● Description of the task:
Within the listing below, how many lines include the string "rest"? Reply with only the number.
==== Input for this task
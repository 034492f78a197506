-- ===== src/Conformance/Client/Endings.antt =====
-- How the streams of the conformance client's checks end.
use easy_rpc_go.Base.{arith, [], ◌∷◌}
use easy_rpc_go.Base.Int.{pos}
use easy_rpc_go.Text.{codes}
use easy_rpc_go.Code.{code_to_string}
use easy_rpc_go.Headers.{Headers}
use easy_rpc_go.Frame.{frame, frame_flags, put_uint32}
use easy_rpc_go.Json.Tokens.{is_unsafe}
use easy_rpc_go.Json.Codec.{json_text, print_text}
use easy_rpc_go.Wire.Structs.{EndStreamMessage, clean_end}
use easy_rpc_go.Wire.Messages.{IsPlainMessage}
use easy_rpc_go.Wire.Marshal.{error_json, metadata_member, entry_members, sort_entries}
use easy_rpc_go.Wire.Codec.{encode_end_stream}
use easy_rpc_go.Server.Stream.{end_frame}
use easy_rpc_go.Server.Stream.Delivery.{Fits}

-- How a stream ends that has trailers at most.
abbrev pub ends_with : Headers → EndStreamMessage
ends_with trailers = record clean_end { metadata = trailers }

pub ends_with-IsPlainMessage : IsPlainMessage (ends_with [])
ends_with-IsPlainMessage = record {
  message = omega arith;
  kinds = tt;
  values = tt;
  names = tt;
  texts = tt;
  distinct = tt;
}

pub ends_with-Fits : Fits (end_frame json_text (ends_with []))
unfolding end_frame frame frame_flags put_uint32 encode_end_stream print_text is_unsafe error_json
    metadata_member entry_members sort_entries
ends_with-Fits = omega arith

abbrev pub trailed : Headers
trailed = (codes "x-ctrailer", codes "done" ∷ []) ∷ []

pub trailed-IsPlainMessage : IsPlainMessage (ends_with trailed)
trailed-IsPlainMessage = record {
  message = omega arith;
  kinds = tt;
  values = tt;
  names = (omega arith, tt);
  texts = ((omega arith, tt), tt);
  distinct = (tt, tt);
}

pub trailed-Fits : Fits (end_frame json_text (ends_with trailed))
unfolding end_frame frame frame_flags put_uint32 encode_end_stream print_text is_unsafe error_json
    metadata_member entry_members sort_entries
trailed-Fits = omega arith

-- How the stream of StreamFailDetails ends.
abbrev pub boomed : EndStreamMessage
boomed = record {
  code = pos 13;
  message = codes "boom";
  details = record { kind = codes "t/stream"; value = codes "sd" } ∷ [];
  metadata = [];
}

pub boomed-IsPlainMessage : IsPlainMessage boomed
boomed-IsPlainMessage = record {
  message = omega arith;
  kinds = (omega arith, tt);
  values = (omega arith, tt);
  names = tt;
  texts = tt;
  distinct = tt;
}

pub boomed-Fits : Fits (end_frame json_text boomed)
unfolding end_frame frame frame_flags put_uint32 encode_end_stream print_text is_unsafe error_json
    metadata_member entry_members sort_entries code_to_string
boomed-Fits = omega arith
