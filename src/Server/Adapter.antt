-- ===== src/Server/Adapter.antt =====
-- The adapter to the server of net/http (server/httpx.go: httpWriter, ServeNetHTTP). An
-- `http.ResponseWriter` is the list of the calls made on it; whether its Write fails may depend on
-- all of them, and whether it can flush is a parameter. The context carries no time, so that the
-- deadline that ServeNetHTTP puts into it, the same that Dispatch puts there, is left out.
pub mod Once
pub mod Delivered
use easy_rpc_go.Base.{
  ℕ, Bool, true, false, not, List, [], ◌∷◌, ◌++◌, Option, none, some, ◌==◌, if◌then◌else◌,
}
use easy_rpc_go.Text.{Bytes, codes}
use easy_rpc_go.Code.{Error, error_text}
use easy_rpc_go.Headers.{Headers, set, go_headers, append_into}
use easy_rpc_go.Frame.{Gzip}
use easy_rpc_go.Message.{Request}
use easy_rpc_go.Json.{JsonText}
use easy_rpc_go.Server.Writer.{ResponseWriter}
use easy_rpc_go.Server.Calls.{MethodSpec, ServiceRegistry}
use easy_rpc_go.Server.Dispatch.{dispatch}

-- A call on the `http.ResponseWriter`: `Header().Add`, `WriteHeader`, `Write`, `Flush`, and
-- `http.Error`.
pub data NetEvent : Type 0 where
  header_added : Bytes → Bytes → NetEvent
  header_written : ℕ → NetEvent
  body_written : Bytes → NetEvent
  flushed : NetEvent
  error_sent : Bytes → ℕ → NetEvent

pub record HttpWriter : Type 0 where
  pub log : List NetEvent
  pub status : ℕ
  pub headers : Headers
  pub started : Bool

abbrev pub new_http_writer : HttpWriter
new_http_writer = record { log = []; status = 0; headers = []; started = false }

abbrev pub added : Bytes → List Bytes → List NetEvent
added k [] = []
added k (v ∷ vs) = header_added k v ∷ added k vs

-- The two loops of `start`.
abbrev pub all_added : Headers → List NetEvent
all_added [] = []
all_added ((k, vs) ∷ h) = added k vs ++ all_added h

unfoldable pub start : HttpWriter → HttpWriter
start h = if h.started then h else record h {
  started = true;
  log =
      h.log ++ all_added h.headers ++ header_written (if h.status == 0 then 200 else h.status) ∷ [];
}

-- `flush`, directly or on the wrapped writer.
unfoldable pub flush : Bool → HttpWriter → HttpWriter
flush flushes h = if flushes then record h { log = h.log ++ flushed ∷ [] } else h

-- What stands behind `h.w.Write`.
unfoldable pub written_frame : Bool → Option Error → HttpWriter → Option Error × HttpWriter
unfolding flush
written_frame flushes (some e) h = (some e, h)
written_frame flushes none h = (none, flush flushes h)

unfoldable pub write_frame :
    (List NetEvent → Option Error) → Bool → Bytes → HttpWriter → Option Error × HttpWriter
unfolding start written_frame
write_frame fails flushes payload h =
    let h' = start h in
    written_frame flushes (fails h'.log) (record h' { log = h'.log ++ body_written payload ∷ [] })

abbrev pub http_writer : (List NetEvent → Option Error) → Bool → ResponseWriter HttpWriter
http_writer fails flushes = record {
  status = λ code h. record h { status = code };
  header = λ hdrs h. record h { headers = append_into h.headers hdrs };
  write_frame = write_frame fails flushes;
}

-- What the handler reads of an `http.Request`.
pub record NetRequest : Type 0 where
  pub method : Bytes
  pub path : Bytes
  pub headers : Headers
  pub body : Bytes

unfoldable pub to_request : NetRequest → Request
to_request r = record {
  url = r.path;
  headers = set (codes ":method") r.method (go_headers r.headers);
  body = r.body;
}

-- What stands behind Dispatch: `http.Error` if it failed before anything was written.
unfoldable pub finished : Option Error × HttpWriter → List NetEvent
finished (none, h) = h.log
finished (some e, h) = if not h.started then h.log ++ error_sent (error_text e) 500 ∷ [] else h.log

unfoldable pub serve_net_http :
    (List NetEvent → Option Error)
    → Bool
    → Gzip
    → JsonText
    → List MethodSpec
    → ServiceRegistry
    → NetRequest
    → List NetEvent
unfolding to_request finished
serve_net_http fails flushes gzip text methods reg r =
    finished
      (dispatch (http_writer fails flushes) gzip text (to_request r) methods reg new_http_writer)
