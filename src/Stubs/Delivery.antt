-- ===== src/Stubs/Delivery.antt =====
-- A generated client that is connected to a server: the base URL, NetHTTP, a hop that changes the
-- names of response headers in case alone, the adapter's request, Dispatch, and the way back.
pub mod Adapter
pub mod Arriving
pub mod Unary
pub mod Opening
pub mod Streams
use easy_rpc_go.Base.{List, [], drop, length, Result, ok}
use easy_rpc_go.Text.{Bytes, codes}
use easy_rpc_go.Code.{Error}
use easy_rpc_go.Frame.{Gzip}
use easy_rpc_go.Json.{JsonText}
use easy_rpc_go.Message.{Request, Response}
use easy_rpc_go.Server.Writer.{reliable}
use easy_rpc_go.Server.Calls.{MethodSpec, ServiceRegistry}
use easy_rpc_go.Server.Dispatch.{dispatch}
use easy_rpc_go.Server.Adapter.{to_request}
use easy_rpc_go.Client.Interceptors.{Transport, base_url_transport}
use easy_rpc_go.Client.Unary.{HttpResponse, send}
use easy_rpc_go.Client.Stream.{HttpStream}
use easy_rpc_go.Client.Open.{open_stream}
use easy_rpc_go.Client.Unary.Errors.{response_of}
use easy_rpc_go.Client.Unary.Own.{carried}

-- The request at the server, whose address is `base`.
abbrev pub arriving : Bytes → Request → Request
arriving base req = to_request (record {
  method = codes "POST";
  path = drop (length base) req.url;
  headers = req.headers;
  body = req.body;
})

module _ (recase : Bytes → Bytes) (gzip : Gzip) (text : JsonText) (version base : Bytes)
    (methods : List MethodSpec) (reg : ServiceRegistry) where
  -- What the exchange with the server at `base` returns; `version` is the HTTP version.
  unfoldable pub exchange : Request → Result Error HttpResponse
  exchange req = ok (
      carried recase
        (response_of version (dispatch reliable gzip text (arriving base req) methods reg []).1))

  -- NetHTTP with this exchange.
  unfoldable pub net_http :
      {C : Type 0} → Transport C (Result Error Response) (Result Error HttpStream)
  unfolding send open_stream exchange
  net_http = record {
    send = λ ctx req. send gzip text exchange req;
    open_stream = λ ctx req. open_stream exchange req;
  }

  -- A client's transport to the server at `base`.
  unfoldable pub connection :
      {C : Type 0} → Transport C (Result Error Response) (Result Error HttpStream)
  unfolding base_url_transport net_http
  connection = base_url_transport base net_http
========
==== Input for this task
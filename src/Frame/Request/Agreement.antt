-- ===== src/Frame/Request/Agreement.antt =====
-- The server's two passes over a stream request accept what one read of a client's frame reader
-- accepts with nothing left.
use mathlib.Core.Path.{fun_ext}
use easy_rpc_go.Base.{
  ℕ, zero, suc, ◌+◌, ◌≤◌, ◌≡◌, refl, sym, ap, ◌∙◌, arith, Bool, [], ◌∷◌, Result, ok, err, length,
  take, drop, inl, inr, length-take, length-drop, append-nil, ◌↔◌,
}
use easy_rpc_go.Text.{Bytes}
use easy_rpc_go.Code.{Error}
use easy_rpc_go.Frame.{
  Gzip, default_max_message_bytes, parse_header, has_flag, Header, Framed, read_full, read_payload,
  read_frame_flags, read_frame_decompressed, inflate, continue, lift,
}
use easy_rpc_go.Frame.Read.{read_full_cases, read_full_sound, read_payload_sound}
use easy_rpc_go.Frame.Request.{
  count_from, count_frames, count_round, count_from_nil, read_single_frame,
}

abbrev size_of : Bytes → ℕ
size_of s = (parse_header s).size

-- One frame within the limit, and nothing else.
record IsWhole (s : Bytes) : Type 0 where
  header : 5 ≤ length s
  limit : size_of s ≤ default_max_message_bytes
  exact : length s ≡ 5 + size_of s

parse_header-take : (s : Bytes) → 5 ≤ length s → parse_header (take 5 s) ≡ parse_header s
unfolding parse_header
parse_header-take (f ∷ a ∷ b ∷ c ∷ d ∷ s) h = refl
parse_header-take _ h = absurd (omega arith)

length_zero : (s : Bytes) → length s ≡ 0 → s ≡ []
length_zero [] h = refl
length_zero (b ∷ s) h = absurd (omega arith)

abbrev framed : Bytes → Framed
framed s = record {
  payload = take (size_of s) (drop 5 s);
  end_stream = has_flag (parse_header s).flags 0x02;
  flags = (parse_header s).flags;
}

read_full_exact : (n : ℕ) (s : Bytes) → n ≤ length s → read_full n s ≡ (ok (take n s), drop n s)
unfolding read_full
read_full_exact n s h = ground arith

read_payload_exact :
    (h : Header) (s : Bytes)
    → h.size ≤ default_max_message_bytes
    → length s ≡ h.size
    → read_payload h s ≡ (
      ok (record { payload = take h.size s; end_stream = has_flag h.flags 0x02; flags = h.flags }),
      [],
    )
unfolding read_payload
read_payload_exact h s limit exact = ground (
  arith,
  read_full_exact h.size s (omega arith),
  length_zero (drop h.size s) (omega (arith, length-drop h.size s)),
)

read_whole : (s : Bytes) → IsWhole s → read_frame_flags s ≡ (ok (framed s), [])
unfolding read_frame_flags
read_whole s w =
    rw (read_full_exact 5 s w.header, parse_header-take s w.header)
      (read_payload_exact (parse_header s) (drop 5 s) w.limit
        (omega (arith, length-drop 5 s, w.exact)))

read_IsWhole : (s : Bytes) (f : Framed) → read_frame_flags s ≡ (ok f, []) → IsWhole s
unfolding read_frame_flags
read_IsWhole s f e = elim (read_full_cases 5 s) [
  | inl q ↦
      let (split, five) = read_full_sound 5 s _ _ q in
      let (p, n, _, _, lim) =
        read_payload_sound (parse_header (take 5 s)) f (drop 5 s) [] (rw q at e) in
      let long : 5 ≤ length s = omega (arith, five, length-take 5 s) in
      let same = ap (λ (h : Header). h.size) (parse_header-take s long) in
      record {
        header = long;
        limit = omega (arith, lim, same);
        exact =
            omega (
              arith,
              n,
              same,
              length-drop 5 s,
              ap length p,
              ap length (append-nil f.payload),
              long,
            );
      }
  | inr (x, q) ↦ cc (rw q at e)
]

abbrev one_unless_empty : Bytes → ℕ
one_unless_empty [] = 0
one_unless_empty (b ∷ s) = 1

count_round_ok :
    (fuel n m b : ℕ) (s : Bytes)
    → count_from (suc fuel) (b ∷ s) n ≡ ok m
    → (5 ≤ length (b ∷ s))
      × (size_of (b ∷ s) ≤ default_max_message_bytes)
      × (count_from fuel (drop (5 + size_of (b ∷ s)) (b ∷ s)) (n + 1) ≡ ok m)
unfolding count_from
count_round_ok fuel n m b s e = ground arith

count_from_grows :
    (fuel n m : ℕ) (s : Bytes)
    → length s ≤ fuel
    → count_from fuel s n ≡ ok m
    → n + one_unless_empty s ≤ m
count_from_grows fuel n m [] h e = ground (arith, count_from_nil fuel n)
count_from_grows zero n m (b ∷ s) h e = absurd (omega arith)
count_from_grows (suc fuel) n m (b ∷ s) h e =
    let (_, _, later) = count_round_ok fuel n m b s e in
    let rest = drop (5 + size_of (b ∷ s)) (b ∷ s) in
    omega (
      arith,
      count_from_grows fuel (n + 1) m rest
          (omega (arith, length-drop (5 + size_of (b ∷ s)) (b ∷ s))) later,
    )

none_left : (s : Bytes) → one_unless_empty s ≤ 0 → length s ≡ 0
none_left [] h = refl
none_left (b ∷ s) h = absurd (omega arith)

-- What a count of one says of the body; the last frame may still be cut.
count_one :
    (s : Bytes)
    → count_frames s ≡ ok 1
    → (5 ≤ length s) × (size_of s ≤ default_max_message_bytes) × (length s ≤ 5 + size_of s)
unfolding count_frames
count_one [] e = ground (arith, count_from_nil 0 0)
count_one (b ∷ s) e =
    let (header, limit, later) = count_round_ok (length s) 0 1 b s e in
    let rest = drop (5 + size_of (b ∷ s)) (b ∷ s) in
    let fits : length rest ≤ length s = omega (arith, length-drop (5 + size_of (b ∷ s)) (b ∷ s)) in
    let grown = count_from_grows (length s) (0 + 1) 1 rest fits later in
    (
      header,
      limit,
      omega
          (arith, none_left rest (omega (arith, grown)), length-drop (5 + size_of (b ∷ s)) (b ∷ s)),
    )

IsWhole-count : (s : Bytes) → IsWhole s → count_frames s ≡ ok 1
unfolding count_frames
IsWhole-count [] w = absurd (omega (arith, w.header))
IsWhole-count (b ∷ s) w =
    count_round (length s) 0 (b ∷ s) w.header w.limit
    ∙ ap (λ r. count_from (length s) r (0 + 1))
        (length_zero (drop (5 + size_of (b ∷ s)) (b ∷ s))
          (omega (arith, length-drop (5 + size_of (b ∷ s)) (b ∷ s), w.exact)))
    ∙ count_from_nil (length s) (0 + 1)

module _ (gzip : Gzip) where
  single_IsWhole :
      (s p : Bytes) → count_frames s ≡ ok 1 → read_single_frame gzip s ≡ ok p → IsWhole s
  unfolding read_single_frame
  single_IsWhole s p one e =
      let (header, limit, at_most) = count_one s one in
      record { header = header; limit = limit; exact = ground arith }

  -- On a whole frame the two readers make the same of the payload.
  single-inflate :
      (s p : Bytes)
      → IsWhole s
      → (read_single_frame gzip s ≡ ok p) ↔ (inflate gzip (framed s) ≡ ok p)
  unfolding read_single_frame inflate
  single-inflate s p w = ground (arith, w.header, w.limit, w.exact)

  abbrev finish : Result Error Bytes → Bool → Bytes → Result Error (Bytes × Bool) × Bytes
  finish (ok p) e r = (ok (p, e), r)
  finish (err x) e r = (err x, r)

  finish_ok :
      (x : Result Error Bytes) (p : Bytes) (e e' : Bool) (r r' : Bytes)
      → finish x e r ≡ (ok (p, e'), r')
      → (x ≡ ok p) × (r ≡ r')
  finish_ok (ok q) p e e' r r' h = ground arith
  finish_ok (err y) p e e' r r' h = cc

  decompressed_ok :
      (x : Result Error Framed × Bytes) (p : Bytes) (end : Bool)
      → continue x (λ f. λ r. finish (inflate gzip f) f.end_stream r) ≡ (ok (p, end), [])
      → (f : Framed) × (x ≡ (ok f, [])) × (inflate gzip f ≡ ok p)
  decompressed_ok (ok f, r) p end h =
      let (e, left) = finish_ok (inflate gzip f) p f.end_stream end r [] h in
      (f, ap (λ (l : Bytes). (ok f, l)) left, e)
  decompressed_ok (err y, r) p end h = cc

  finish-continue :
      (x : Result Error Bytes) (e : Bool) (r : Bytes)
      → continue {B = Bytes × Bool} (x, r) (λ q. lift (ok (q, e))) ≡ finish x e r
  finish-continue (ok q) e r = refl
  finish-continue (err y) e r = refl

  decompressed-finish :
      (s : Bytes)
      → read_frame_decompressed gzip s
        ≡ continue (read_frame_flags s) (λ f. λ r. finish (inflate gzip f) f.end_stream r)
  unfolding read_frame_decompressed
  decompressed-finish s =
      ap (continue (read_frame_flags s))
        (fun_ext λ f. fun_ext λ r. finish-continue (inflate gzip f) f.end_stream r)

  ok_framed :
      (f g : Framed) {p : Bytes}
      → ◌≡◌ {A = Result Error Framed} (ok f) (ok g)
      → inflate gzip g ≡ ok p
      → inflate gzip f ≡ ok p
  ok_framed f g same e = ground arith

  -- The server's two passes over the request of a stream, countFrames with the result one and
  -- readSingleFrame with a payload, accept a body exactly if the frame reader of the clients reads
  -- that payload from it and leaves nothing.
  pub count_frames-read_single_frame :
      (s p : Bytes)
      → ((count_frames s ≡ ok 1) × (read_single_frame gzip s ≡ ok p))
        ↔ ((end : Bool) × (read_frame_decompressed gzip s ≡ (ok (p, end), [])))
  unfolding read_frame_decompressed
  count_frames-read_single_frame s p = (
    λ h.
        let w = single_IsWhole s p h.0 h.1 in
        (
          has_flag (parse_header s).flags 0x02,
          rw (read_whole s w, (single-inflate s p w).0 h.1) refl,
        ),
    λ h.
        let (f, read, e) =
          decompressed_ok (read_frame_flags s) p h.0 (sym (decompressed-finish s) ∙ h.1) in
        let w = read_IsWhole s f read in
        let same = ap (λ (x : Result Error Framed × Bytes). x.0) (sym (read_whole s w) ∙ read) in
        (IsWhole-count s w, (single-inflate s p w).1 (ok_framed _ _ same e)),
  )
========
● Task result:
6